The World Handicap System Officially Launches
Following a lengthy development and education process, the World Handicap System (WHS) has officially launched, marking the most significant change for handicapping since the process was introduced over a century ago.
Developed by golf’s governing bodies, The R&A and USGA, the WHS – for the first time – unites six bodies across the globe under one standardised system. Within England alone, that will now be directly accessed by over 630,000 golfers at the 1,800 golf clubs.
For the first time ever, golfers will be able to transport and use their ‘Handicap Index’ on any course around the world. The new WHS makes for a fairer and more equitable system of handicapping as well as establishing a method for more accurately calculating a golfer’s current playing ability.
Further changes from the old CONGU system include a player’s Handicap Index being calculated from an average of the best eight of last 20 returned scores, allowing golfers to easily obtain and maintain a handicap, as well as compete, or play recreationally, regardless of where they tee it up.
Golfshake Content on the WHS
Since 2019, England Golf has been committed to helping golf clubs educate their members on the key changes to the WHS; hosting seminars across 35 counties to help educate over 4,500 handicap committee members and secretaries.
England Golf CEO, Jeremy Tomlinson, said: “November 2 marks an historic day for everyone associated with the game of golf in England. We have been planning and working towards this day for a long time and, despite the difficult period we have encountered this year, cannot wait to see it roll out into golf clubs across the country.
“We believe the new system will be extremely beneficial for golfers as part of our great game’s continued development and modernisation. We hope it will encourage further growth on the back of a significant rise in memberships throughout England in the last few months. As well as growing the game, we also want to be able to give golfers the chance to enjoy the sport and to compete fairly, no matter where they are playing at home or abroad.”

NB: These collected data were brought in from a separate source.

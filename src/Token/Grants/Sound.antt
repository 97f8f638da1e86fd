-- ===== src/Token/Grants/Sound.antt =====
-- What holds when a client acts for itself, a user gives a password, or a device is approved.
use sienne.Base.{
  String, ◌≡◌, refl, sym, ap, subst, ◌∙◌, ◌⊎◌, true, Option, none, some, arith, eq_iff, All,
}
use sienne.Base.Exec.{ok, fail}
use sienne.Base.Exec.Success.{
  >>=-eq-ok, require-eq-ok, call-eq-ok, always-eq-ok, guard-eq-ok, pure-eq-ok,
}
use sienne.Base.Int.{ℤ, pos, ◌<ℤ◌, seconds}
use sienne.Base.Text.{trim_space, is_blank}
use sienne.Domain.{Client, User}
use sienne.Ports.{DeviceCodeEntry, DeviceCodes}
use sienne.Scopes.Laws.{IsAllowed, all_contained_iff}
use sienne.Token.{
  Err, Input, Answer, Service, grant_client_credentials, grant_password, grant_device_code,
  must_decode_scope_json, granted_scopes, check_secret,
}
use sienne.Token.Issue.{
  MayUse, find_client-eq-ok, Minted, mint_access-Minted, UserTokens,
  issue_user_grant_tokens-UserTokens,
}
use sienne.Token.Grants.{
  usable_user, current_entry, device_status_error, approving_user, subject_user,
  exchange_client_credentials, exchange_password, pair, poll, refuse, exchange_device_code,
}
use sienne.Scopes.Laws.{Chosen}
use sienne.Token.Contents.{
  granted_scopes-Chosen, Decoded, must_decode_scope_json-Decoded, SecretGiven,
  validate_client_secret-SecretGiven, Verified, verifies-Verified,
}

-- The user of a password: neither locked nor otherwise disabled.
abbrev pub IsUsable : User → Type 0
IsUsable user = (is_blank user.status ≡ true) ⊎ (user.status ≡ "active")

usable_user-eq-some :
    (found : Option User) (user : User)
    → usable_user found ≡ some user
    → (found ≡ some user) × IsUsable user
unfolding usable_user
usable_user-eq-some none user h = cc
usable_user-eq-some (some u) user h = ground (arith, eq_iff u.status "active")

-- The entry of a device code that may be exchanged, and when it was looked at.
pub record Approved (client : Client) (entry : DeviceCodeEntry) (now : ℤ) : Type 0 where
  pub own : entry.client_id ≡ client.client_id
  pub in_time : now <ℤ entry.expires_at
  pub status : entry.status ≡ "approved"

current_entry-eq-some :
    (client : Client) (now : ℤ) (found : Option DeviceCodeEntry) (entry : DeviceCodeEntry)
    → current_entry client now found ≡ some entry
    → (found ≡ some entry) × (entry.client_id ≡ client.client_id) × (now <ℤ entry.expires_at)
unfolding current_entry
current_entry-eq-some client now none entry h = cc
current_entry-eq-some client now (some x) entry h =
    ground (arith, eq_iff x.client_id client.client_id)

device_status_error-eq-none :
    (status : String) → device_status_error status ≡ none → status ≡ "approved"
unfolding device_status_error
device_status_error-eq-none status h = ground (arith, eq_iff status "approved")

approving_user-eq-some :
    (parsed : Option ℤ) (n : ℤ) → approving_user parsed ≡ some n → (parsed ≡ some n) × (pos 0 <ℤ n)
unfolding approving_user
approving_user-eq-some none n h = cc
approving_user-eq-some (some m) n h = ground arith

subject_user-eq-some :
    (entry : DeviceCodeEntry) (found : Option User) (user : User)
    → subject_user entry found ≡ some user
    → (found ≡ some user) × (user.user_uuid ≡ entry.subject)
unfolding subject_user
subject_user-eq-some entry none user h = cc
subject_user-eq-some entry (some u) user h = ground (arith, eq_iff u.user_uuid entry.subject)

module _ {W : Type 0} (s : Service W) where
  -- Client credentials give an active client that is registered for the grant and, where a secret is
  -- on file for it, has given one that the verifier accepts, one access token. It was signed from
  -- claims whose subject is the client and whose scopes are those asked for, or all of the client's,
  -- which it may have, and a row that says the same and has no user is stored; there is no refresh
  -- token and no ID token.
  pub exchange_client_credentials-Minted :
      (input : Input) (w v : W) (a : Answer)
      → exchange_client_credentials s input w ≡ (ok a, v)
      → (client : Client) × (w₁ : W) × (now : ℤ) × (s.clients.find_by_client_id
            (trim_space input.client_id)
            w
          ≡ (ok (some client), w₁))
        × MayUse client grant_client_credentials
        × SecretGiven s.passwords client.client_secret_hash input.client_secret
        × (Chosen input.scopes client.scopes (granted_scopes input.scopes client.scopes)
            × All (IsAllowed client.scopes) (granted_scopes input.scopes client.scopes))
        × Minted s client none client.client_id client.client_id
            (granted_scopes input.scopes client.scopes)
            now
            a
        × (a.refresh_token ≡ "")
        × (a.id_token ≡ "")
  unfolding exchange_client_credentials check_secret
  exchange_client_credentials-Minted input w v a h =
      let (client, w₁, found, h₁) = >>=-eq-ok _ _ h in
      let (looked, may) = find_client-eq-ok s input _ w w₁ client found in
      let (secret, h₂) = guard-eq-ok _ _ _ h₁ in
      let (allowed, h₃) = guard-eq-ok _ _ _ h₂ in
      let h₄ = always-eq-ok _ _ h₃ in
      let (minted, blank, no_id) = mint_access-Minted s client _ _ _ _ _ _ v a h₄ in
      (
        client,
        w₁,
        _,
        looked,
        may,
        validate_client_secret-SecretGiven _ _ _ secret,
        (granted_scopes-Chosen _ _, (all_contained_iff _ _).0 allowed),
        minted,
        blank,
        no_id,
      )

  -- The password grant gives tokens only to an active client that is registered for it and, where a
  -- secret is on file for it, has given one that the verifier accepts; for a user who is neither
  -- locked nor disabled and for whose hash a configured verifier accepted the password; with scopes
  -- that the client may have. The claims and the rows of the tokens name that user and those scopes.
  pub exchange_password-UserTokens :
      (input : Input) (w v : W) (a : Answer)
      → exchange_password s input w ≡ (ok a, v)
      → (client : Client) × (user : User) × (w₁ : W) × (w₂ : W) × (now : ℤ)
        × (s.clients.find_by_client_id (trim_space input.client_id) w ≡ (ok (some client), w₁))
        × MayUse client grant_password
        × SecretGiven s.passwords client.client_secret_hash input.client_secret
        × (s.users.find_by_username (trim_space input.username) w₁ ≡ (ok (some user), w₂))
        × IsUsable user
        × Verified s.passwords input.password user.password_hash
        × (Chosen input.scopes client.scopes (granted_scopes input.scopes client.scopes)
            × All (IsAllowed client.scopes) (granted_scopes input.scopes client.scopes))
        × UserTokens s client user (granted_scopes input.scopes client.scopes) now a
  unfolding exchange_password check_secret
  exchange_password-UserTokens input w v a h =
      let (client, w₁, found, h₁) = >>=-eq-ok _ _ h in
      let (looked, may) = find_client-eq-ok s input _ w w₁ client found in
      let (secret, h₂) = guard-eq-ok _ _ _ h₁ in
      let (account, w₂, asked, h₃) = call-eq-ok _ _ h₂ in
      let (user, is_usable, h₄) = require-eq-ok _ _ _ h₃ in
      let (password, h₅) = guard-eq-ok _ _ _ h₄ in
      let (allowed, h₆) = guard-eq-ok _ _ _ h₅ in
      let h₇ = always-eq-ok _ _ h₆ in
      let (same, usable) = usable_user-eq-some account user is_usable in
      let (tokens, no_id) = issue_user_grant_tokens-UserTokens s client user _ _ _ v a h₇ in
      (
        client,
        user,
        w₁,
        w₂,
        _,
        looked,
        may,
        validate_client_secret-SecretGiven _ _ _ secret,
        asked ∙ ap (λ o. (ok o, w₂)) same,
        usable,
        verifies-Verified _ _ _ password,
        (granted_scopes-Chosen _ _, (all_contained_iff _ _).0 allowed),
        tokens,
      )

  refuse-eq-ok :
      (o : Option Err) (u : Unit {0}) (w v : W) → refuse s o w ≡ (ok u, v) → (o ≡ none) × (v ≡ w)
  unfolding refuse fail
  refuse-eq-ok none u w v h = (refl, sym (pure-eq-ok h).1)
  refuse-eq-ok (some e) u w v h = cc

-- From the approval of a device to its tokens; the code is marked as consumed last.
pub record Paired {W : Type 0} (s : Service W) (codes : DeviceCodes W) (client : Client)
    (entry : DeviceCodeEntry) (w v : W) (a : Answer) : Type 0 where
  pub user : User
  pub user_id : ℤ
  pub now : ℤ
  pub seen : W
  pub last : W
  pub approver : s.strconv.parse_int entry.user_id ≡ some user_id
  pub positive_id : pos 0 <ℤ user_id
  pub owner : s.users.find_by_id user_id w ≡ (ok (some user), seen)
  pub subject : user.user_uuid ≡ entry.subject
  pub scopes : Decoded s.json entry.scopes_json (must_decode_scope_json s.json entry.scopes_json)
  pub tokens : UserTokens s client user (must_decode_scope_json s.json entry.scopes_json) now a
  pub consumed :
      codes.mark_consumed entry.device_code (s.clock.now last).0 (s.clock.now last).1 ≡ (ok tt, v)

-- How a device's code was exchanged: which entry it names, and that the poll was not too early.
pub record Polled {W : Type 0} (s : Service W) (codes : DeviceCodes W) (input : Input)
    (client : Client) (w v : W) (a : Answer) : Type 0 where
  pub entry : DeviceCodeEntry
  pub found : W
  pub ready : W
  pub polled : W
  pub looked : codes.get_by_device_code (trim_space input.device_code) w ≡ (ok (some entry), found)
  pub approved : Approved client entry (s.clock.now found).0
  pub poll_allowed :
      codes.touch_poll entry.device_code
        (s.clock.now ready).0
        (seconds entry.interval)
        (s.clock.now ready).1
      ≡ (ok true, polled)
  pub paired : Paired s codes client entry polled v a

module _ {W : Type 0} (s : Service W) where
  pair-Paired :
      (codes : DeviceCodes W) (client : Client) (entry : DeviceCodeEntry) (w v : W) (a : Answer)
      → pair s codes client entry w ≡ (ok a, v)
      → Paired s codes client entry w v a
  unfolding pair
  pair-Paired codes client entry w v a h =
      let (user_id, is_positive, h₁) = require-eq-ok _ _ _ h in
      let (parsed, positive_id) = approving_user-eq-some _ user_id is_positive in
      let (account, w₁, asked, h₂) = call-eq-ok _ _ h₁ in
      let (user, is_subject, h₃) = require-eq-ok _ _ _ h₂ in
      let (known, subject) = subject_user-eq-some entry account user is_subject in
      let h₄ = always-eq-ok _ _ h₃ in
      let (b, w₂, issued, h₅) = >>=-eq-ok _ _ h₄ in
      let (tokens, no_id) = issue_user_grant_tokens-UserTokens s client user _ _ _ w₂ b issued in
      let h₆ = always-eq-ok _ _ h₅ in
      let (_, w₃, marked, h₇) = call-eq-ok _ _ h₆ in
      let (answer, end) = pure-eq-ok h₇ in
      record {
        user = user;
        user_id = user_id;
        now = (s.clock.now w₁).0;
        seen = w₁;
        last = w₂;
        approver = parsed;
        positive_id = positive_id;
        owner = asked ∙ ap (λ o. (ok o, w₁)) known;
        subject = subject;
        scopes = must_decode_scope_json-Decoded s.json entry.scopes_json;
        tokens = subst (UserTokens s client user _ _) answer tokens;
        consumed = marked ∙ ap (λ x. (ok tt, x)) end;
      }

  poll-Polled :
      (codes : DeviceCodes W) (input : Input) (client : Client) (w v : W) (a : Answer)
      → poll s codes input client w ≡ (ok a, v)
      → Polled s codes input client w v a
  unfolding poll
  poll-Polled codes input client w v a h =
      let (found, w₁, looked, h₁) = call-eq-ok _ _ h in
      let h₂ = always-eq-ok _ _ h₁ in
      let (entry, is_current, h₃) = require-eq-ok _ _ _ h₂ in
      let (same, own, in_time) = current_entry-eq-some client _ found entry is_current in
      let h₄ = always-eq-ok _ _ h₃ in
      let (allowed, w₂, touched, h₅) = call-eq-ok _ _ h₄ in
      let (is_allowed, h₆) = guard-eq-ok _ _ _ h₅ in
      let (u, w₃, passed, h₇) = >>=-eq-ok _ _ h₆ in
      let (open_status, kept) = refuse-eq-ok s _ u w₂ w₃ passed in
      record {
        entry = entry;
        found = w₁;
        ready = (s.clock.now w₁).1;
        polled = w₂;
        looked = looked ∙ ap (λ o. (ok o, w₁)) same;
        approved = record {
          own = own;
          in_time = in_time;
          status = device_status_error-eq-none _ open_status;
        };
        poll_allowed = touched ∙ ap (λ o. (ok o, w₂)) is_allowed;
        paired =
            pair-Paired codes client entry w₂ v a
              (subst (λ x. pair s codes client entry x ≡ (ok a, v)) kept h₇);
      }

  -- A device code is exchanged only for an active client that is registered for the grant and, where
  -- a secret is on file for it, has given one that the verifier accepts, when the code is this
  -- client's, has not expired, is approved, and is not polled too early; the claims and the rows of
  -- the tokens name the user who approved it, whose UUID is the code's subject, and the scopes of the
  -- code, and the last thing that is done is to mark the code as consumed.
  pub exchange_device_code-Polled :
      (input : Input) (w v : W) (a : Answer)
      → exchange_device_code s input w ≡ (ok a, v)
      → (client : Client) × (codes : DeviceCodes W) × (w₁ : W) × (s.clients.find_by_client_id
            (trim_space input.client_id)
            w
          ≡ (ok (some client), w₁))
        × MayUse client grant_device_code
        × SecretGiven s.passwords client.client_secret_hash input.client_secret
        × (s.device_codes ≡ some codes)
        × Polled s codes input client w₁ v a
  unfolding exchange_device_code check_secret
  exchange_device_code-Polled input w v a h =
      let (client, w₁, found, h₁) = >>=-eq-ok _ _ h in
      let (looked, may) = find_client-eq-ok s input _ w w₁ client found in
      let (secret, h₂) = guard-eq-ok _ _ _ h₁ in
      let (codes, configured, h₃) = require-eq-ok _ _ _ h₂ in
      (
        client,
        codes,
        w₁,
        looked,
        may,
        validate_client_secret-SecretGiven _ _ _ secret,
        configured,
        poll-Polled codes input client w₁ v a h₃,
      )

England Golf’s Head of Handicapping & Course Rating, Gemma Hunter, added: “We are confident that the new WHS will be a success throughout the country. The new system allows golfers to obtain and maintain a Handicap Index based on their current playing ability. In addition, it gives them the opportunity to experience even more ways to submit a score for handicap purposes and be able to play against any fellow golfer on an equitable basis and on any course around the world.”